Johnnie told me on the phone that the best thing I can do is just pour myself into my work for a while, and that sounds plenty good to me. I should have about 8,000 blanks done by the end of the week. heh [V]


----------



## DozerMite (May 18, 2008)

Karl,

Sorry to hear about what you're dealing with. I can't even imagine my wife dropping that bomb on me. I would be devastated.
I had my tree, that was threatening my house, taken down last year.
Keep your head up, things will get better for you.


----------



## Jim15 (May 18, 2008)

Hang in there Karl. things will get better. Prayers coming your way.


----------



## Ligget (May 19, 2008)

Keep your chin up Karl, we are all here for you should you need us!


----------



## Dalecamino (May 19, 2008)

Karl , I went thru three of those . Somewhere , I figured out , idol time was not good . I'm in your corner too friend ! I think Johnnie is right on . I know he is . And he's a good one to be around . Wish I could be working with you , I'd be more help . But you're right , we're all here for ya man . BTW , my kids have told me , they always knew I was there , if they needed me . THAT , was worth gold to me . Take care Karl ! [8D]


----------



## JohnU (May 19, 2008)

Karl, Sorry for your sadness.  Keep your head up and know you have friends.

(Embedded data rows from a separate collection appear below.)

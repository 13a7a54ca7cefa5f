-- ===== src/Helpers/Awaiting/Bounded.antt =====
-- How many senders wait: a map has one entry for each id.
use tophamm.Base.{
  ℕ, ℕ_discrete, zero, suc, ◌+◌, ◌≤◌, ◌<◌, ◌≡◌, refl, ltb, if◌then◌else◌, ite, List, [], ◌∷◌, All,
  length, arith,
}
use tophamm.Helpers.Awaiting.{remove, register, deregister, send}
use tophamm.Helpers.Awaiting.Delivery.{Call, registers, sends, step, run}

module _ {S : Type 0} where
  abbrev occurrences : ℕ → List (ℕ × S) → ℕ
  occurrences k [] = 0
  occurrences k ((j, s) ∷ map) = ite (ℕ_discrete j k) 1 0 + occurrences k map

  abbrev below : ℕ → List (ℕ × S) → ℕ
  below n [] = 0
  below n ((j, s) ∷ map) = (if ltb j n then 1 else 0) + below n map

  -- One entry for each id, and only ids below the bound.
  pub record IsBounded (n : ℕ) (map : List (ℕ × S)) : Type 0 where
    pub once : (k : ℕ) → occurrences k map ≤ 1
    pub small : All (λ (p : ℕ × S). p.0 < n) map

  occurrences-remove_self :
      (id : ℕ) (map : List (ℕ × S)) → occurrences id (remove ℕ_discrete id map) ≡ 0
  unfolding remove
  occurrences-remove_self id [] = refl
  occurrences-remove_self id ((j, s) ∷ map) = ground (arith, occurrences-remove_self id map)

  occurrences-remove_le :
      (k id : ℕ) (map : List (ℕ × S)) → occurrences k (remove ℕ_discrete id map) ≤ occurrences k map
  unfolding remove
  occurrences-remove_le k id [] = omega arith
  occurrences-remove_le k id ((j, s) ∷ map) = ground (arith, occurrences-remove_le k id map)

  remove-All :
      (P : ℕ × S → Type 0) (id : ℕ) (map : List (ℕ × S))
      → All P map
      → All P (remove ℕ_discrete id map)
  unfolding remove
  remove-All P id [] h = tt
  remove-All P id ((j, s) ∷ map) (h, hs) =
      let rest = remove ℕ_discrete id map in
      let kept = remove-All P id map hs in
      elim (ℕ_discrete j id) as (λ same. All P (ite same rest ((j, s) ∷ rest))) [
        | yes e ↦ kept
        | no d ↦ (h, kept)
      ]

  remove-IsBounded :
      (n id : ℕ) (map : List (ℕ × S)) → IsBounded n map → IsBounded n (remove ℕ_discrete id map)
  remove-IsBounded n id map h = record {
    once = λ k. omega (arith, occurrences-remove_le k id map, h.once k);
    small = remove-All _ id map h.small;
  }

  pub register-IsBounded :
      (n id : ℕ) (s : S) (map : List (ℕ × S))
      → id < n
      → IsBounded n map
      → IsBounded n (register ℕ_discrete id s map)
  unfolding register
  register-IsBounded n id s map l h = record {
    once = λ k.
        ground (arith, occurrences-remove_le k id map, occurrences-remove_self id map, h.once k);
    small = (l, remove-All _ id map h.small);
  }

  below-suc : (n : ℕ) (map : List (ℕ × S)) → below (suc n) map ≡ below n map + occurrences n map
  below-suc n [] = omega arith
  below-suc n ((j, s) ∷ map) = ground (arith, below-suc n map)

  below-zero : (map : List (ℕ × S)) → below 0 map ≡ 0
  below-zero [] = refl
  below-zero ((j, s) ∷ map) = ground (arith, below-zero map)

  below_le : (n : ℕ) (map : List (ℕ × S)) → ((k : ℕ) → occurrences k map ≤ 1) → below n map ≤ n
  below_le zero map h = omega (arith, below-zero map)
  below_le (suc n) map h = omega (arith, below-suc n map, below_le n map h, h n)

  below-length :
      (n : ℕ) (map : List (ℕ × S)) → All (λ (p : ℕ × S). p.0 < n) map → below n map ≡ length map
  below-length n [] h = refl
  below-length n ((j, s) ∷ map) (h, hs) = ground (arith, below-length n map hs)

  pub length_le : (n : ℕ) (map : List (ℕ × S)) → IsBounded n map → length map ≤ n
  length_le n map h = omega (arith, below-length n map h.small, below_le n map h.once)

module _ {S M : Type 0} where
  -- The call registers no id from the bound on.
  abbrev pub IsBelow : ℕ → Call ℕ S M → Type 0
  IsBelow n (registers id s) = id < n
  IsBelow n (sends id m) = Unit {0}

  step-IsBounded :
      (n : ℕ) (c : Call ℕ S M) (map : List (ℕ × S)) (log : List (S × M))
      → IsBelow n c
      → IsBounded n map
      → IsBounded n (step ℕ_discrete c (map, log)).0
  unfolding step send deregister
  step-IsBounded n (registers id s) map log l h = register-IsBounded n id s map l h
  step-IsBounded n (sends id m) map log l h = remove-IsBounded n id map h

  pub run-IsBounded :
      (n : ℕ) (cs : List (Call ℕ S M)) (map : List (ℕ × S)) (log : List (S × M))
      → All (IsBelow n) cs
      → IsBounded n map
      → IsBounded n (run ℕ_discrete cs (map, log)).0
  unfolding run
  run-IsBounded n [] map log ls h = h
  run-IsBounded n (c ∷ cs) map log (l, ls) h =
      let (map', log') = step ℕ_discrete c (map, log) in
      run-IsBounded n cs map' log' ls (step-IsBounded n c map log l h)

Your an inspiration here and lots of look forward to seeing your creations.  Hope that boxelder works out for you too!


----------



## GoodTurns (May 19, 2008)

Karl...and here I just thought you were avoiding me and my DI!  I'm pretty close by as well, and my family would love to go to Lancaster...let me know if there's going to be a "barn raising" to fix up the house.

Keep your head up, PM me if you need ANYTHING!

Jon


----------



## Jarheaded (May 19, 2008)

Well Karl, it looks like you have some friends and family here if you need someone. And if Mike brings his Jeep pickup, I'll bring down my F350 and we could pull that tree into the next county for you, we can let Jon go crazy on the house and as long as you supply the beer for them and the milk for me, we can have you back to sitting in a room getting trashed on PR fumes in no time. If you need ANYTHING let me know. I've been there twice and it wasn't my fault either time, even though at the time I thought it was. Funny how your outlook on things gets clearer over time, it will all be clearer in a while to you. give me a call anytime you want.


----------



## thefunkyP (May 22, 2008)

Karl, I just read this post, and nothing comes to mind to say that doesn't sound cheesy and redundant.  Thoughts and ideas keep coming to my mind on how to help or encourage or motivate or fix your relationship with your wife.  But I've settled on the fact that I simply don't know enough about the situation to help in the ways that I know how.  You have my thoughts and my prayers from half way across the country, man.  If there's anything specific...nope not my business, sorry.  I know after my little brother died, I didn't want to talk to anyone, yet I couldn't get away from them either...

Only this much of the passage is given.